[Instructions for the task] Repeat precisely the span of lines below that opens with the line containing "max_datagram_payload_size = 1280" and closes with the line containing "abbrev pub type_byte : DatagramV2Type → ℕ", both included.

[Input for this task]
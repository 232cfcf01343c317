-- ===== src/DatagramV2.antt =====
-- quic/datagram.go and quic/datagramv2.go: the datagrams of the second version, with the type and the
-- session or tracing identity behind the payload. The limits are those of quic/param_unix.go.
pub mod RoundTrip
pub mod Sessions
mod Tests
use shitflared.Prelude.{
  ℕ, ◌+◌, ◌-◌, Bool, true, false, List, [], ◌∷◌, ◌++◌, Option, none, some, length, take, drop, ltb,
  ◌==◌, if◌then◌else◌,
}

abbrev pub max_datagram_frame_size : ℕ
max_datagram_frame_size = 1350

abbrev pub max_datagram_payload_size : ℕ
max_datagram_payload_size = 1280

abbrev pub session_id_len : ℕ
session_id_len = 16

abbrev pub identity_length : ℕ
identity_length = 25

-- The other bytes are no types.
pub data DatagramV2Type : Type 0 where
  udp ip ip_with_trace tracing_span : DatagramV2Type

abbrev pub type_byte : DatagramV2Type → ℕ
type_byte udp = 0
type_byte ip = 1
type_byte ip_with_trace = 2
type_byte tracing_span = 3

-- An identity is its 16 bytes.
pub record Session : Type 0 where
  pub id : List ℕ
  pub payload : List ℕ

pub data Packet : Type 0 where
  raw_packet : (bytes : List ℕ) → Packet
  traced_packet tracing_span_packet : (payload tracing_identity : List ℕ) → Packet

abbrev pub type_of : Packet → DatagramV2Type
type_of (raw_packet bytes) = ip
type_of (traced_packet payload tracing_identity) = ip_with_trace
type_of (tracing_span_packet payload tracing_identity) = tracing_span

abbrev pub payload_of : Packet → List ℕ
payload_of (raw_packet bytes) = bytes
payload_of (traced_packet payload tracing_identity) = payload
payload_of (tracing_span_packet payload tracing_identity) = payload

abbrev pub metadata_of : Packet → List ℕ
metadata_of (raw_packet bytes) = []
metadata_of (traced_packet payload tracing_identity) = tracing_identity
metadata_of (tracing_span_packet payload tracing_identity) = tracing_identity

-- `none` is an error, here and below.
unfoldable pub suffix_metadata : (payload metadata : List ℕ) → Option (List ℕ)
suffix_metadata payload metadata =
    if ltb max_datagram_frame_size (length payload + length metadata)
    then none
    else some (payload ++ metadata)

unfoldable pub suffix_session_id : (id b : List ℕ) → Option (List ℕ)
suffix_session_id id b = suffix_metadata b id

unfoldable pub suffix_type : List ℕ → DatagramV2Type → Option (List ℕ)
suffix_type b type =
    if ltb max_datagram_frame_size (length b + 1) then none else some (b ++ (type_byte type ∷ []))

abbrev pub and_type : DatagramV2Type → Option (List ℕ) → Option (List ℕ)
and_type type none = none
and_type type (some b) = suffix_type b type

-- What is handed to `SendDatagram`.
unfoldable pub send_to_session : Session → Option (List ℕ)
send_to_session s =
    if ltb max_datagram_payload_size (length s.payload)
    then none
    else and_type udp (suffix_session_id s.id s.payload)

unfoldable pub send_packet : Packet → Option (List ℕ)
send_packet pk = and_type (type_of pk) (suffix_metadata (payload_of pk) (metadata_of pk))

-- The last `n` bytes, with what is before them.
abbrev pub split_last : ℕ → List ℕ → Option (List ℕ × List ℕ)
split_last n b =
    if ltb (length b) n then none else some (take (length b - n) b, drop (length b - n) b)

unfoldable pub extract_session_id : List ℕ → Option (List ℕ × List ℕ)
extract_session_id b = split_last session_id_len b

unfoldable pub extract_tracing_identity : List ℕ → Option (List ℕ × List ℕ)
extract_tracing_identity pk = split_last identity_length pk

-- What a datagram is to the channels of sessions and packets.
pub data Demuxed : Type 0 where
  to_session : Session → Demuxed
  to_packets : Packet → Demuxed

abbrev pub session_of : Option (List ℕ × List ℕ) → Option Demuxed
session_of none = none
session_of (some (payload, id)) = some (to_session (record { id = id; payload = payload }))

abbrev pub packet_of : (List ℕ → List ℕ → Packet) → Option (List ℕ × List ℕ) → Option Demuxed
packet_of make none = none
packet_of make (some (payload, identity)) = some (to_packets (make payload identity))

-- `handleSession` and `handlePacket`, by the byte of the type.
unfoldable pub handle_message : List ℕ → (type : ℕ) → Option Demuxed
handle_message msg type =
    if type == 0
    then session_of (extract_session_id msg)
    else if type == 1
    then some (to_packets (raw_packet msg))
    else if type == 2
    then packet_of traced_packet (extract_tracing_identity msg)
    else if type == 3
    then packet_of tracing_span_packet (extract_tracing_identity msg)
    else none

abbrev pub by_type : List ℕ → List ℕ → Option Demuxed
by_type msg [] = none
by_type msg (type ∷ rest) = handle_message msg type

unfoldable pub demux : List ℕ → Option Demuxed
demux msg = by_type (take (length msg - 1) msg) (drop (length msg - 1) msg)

[Task answer]
max_datagram_payload_size = 1280

abbrev pub session_id_len : ℕ
session_id_len = 16

abbrev pub identity_length : ℕ
identity_length = 25

-- The other bytes are no types.
pub data DatagramV2Type : Type 0 where
  udp ip ip_with_trace tracing_span : DatagramV2Type

abbrev pub type_byte : DatagramV2Type → ℕ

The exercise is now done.